Your absolutely correct observation about gaps notwithstanding, the driving question for me here is this: why does math work so well? I personally exclude any explanation that doesn't involve the Logos in some form as incoherent, but I don't have a specific answer and probably never will.
I'm also very interested in this question. My current understanding is that mathematics only works well because the mind is only capable of conceiving a mathematical reality, i.e math is basically the end result of an evolved mind, a tool that divides experience to concepts (including objects, properties, relationships) which at first approximation don't change with time (a lion will remain a lion, a lion will remain dangerous). Later, higher level observations that are constant are also observed (e.g location that linearly changes with time is a constant speed, every triangle on a plain has 180 degrees etc.) - my point is that the mind is geared to find relationships that are constant (in every level of abstraction), and once we find such a constant we call it "truth" (or if we're more honest, we at least admit it's a good model). So I think the bigger question is not why mathematics works (it works because reality, including thought itself, can be seen through the filter of concepts that appear to be self consistent), but rather why reality lends itself to being categorized in the first place into "things" that have internal integrity and consistency.

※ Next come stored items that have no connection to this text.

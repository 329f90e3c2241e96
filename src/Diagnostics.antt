-- ===== src/Diagnostics.antt =====
-- jac/js_engine/engine/src/builtins/js/diagnostics_channel.js: the registry of channels, a channel's
-- subscribers, and what a message that is published does. Functions and objects are named by numbers.
pub mod Channels
pub mod Publishing
pub mod Tracing
pub mod Callbacks
pub mod Traced
use jaseci.Prelude.{
  ℕ, ◌+◌, Bool, true, false, ◌||◌, List, [], ◌∷◌, ◌++◌, Option, none, some, ltb, ◌==◌,
  if◌then◌else◌, Str, codes, str_eq, length,
}

-- The argument `name`: a string, a symbol with its identity and description, or another value.
pub data Name : Type 0 where
  string : Str → Name
  symbol : ℕ → Str → Name
  other : Name

-- A value of the program; `truthy` and `falsy` say what a condition makes of it. The TypeError with
-- the code ERR_INVALID_ARG_TYPE is the one that the module throws; `not_writable` is the TypeError of an
-- assignment to a property of a frozen object, which strict code throws.
pub data Value : Type 0 where
  undefined : Value
  falsy : ℕ → Value
  truthy : ℕ → Value
  invalid_arg_type : Value
  not_writable : Value

-- The properties that tracing sets on a context, and whether the program has frozen it.
pub record Context : Type 0 where
  pub frozen : Bool
  pub result : Option Value
  pub error : Option Value

-- `channels` is `_channels`, from a key to the address of a Channel; `name` and `subscribers` are the
-- fields of the Channel at an address. `ticks` are the errors that process.nextTick was given to throw,
-- and `has_next_tick` says that there is such a function.
pub record State : Type 0 where
  pub channels : List (Str × ℕ)
  pub name : ℕ → Name
  pub subscribers : ℕ → List ℕ
  pub next : ℕ
  pub contexts : ℕ → Context
  pub ticks : List Value
  pub has_next_tick : Bool

-- How a call ends.
pub data Outcome : Type 0 where
  returned : Value → Outcome
  threw : Value → Outcome

-- What a subscriber does with a message and the name of the channel: it may change the state, and
-- throw a value.
abbrev pub Call : Type 0
Call = ℕ → ℕ → Name → State → State × Option Value

unfoldable pub store {ℓ} : {A : Type ℓ} → (ℕ → A) → ℕ → A → ℕ → A
store f a v b = if b == a then v else f b

-- `_channels[key]`
unfoldable pub channel_at : List (Str × ℕ) → Str → Option ℕ
channel_at [] key = none
channel_at ((k, a) ∷ channels) key =
    let rest = channel_at channels key in if str_eq k key then some a else rest

-- `typeof name === 'symbol' ? String(name) : name`; `none` where the type is wrong
unfoldable pub key_of : Name → Option Str
key_of (string s) = some s
key_of (symbol id description) = some (codes "Symbol(" ++ description ++ codes ")")
key_of other = none

-- The channel at a key, which is made with the name if there is none.
unfoldable pub get_or_make : Name → Str → State → State × ℕ
unfolding channel_at store
get_or_make name key s = elim (channel_at s.channels key) [
  | some a ↦ (s, a)
  | none ↦ (
    record s {
      channels = s.channels ++ ((key, s.next) ∷ []);
      name = store s.name s.next name;
      subscribers = store s.subscribers s.next [];
      next = s.next + 1;
    },
    s.next,
  )
]

-- `channel(name)`; without an address where it throws the TypeError
unfoldable pub channel : Name → State → State × Option ℕ
unfolding key_of get_or_make
channel name s = elim (key_of name) [
  | none ↦ (s, none)
  | some key ↦ (let (s', a) = get_or_make name key s in (s', some a))
]

-- The getter `hasSubscribers` of a Channel
unfoldable pub has_subscribers : ℕ → State → Bool
has_subscribers a s = ltb 0 (length (s.subscribers a))

-- `Channel.prototype.subscribe` with a function
unfoldable pub subscribe : ℕ → ℕ → State → State
unfolding store
subscribe a fn s = record s { subscribers = store s.subscribers a (s.subscribers a ++ (fn ∷ [])) }

-- The list without the first place of the function; `none` where it has none.
unfoldable pub splice_first : ℕ → List ℕ → Option (List ℕ)
splice_first fn [] = none
splice_first fn (g ∷ list) = elim (g == fn) [
  | true ↦ some list
  | false ↦ elim (splice_first fn list) [ none ↦ none | some rest ↦ some (g ∷ rest) ]
]

-- `Channel.prototype.unsubscribe`
unfoldable pub unsubscribe : ℕ → ℕ → State → State × Bool
unfolding splice_first store
unsubscribe a fn s = elim (splice_first fn (s.subscribers a)) [
  | none ↦ (s, false)
  | some list ↦ (record s { subscribers = store s.subscribers a list }, true)
]

-- The `catch` of `publish`: the error is thrown later, where process.nextTick is there.
unfoldable pub throw_later : Option Value → State → State
throw_later none s = s
throw_later (some e) s = if s.has_next_tick then record s { ticks = s.ticks ++ (e ∷ []) } else s

-- The loop of `publish` over the copy of the subscribers.
unfoldable pub publish_to : Call → List ℕ → ℕ → Name → State → State
unfolding throw_later
publish_to call [] message name s = s
publish_to call (fn ∷ list) message name s =
    let (s', thrown) = call fn message name s in
    publish_to call list message name (throw_later thrown s')

-- `Channel.prototype.publish`
unfoldable pub publish : Call → ℕ → ℕ → State → State
unfolding publish_to
publish call a message s = publish_to call (s.subscribers a) message (s.name a) s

And where the math of reality seems ugly or awkward or contrived, we invent notation to make it look neat and simple.
The reason why math education takes so many years is to learn all the complexity, conventions and abuse of notation. As in speech and image interpretation, the adept cannot see the complexity.
You can make anything simple by inventing a language to state it in. Use custom entities instead of multiplying them.
I'm not convinced this does logically follow. There is a view point that God is the source of math only in the sense that God created humanity with the limited capacity for understanding the world around them and one way this capacity has manifested is through the development of Mathematics.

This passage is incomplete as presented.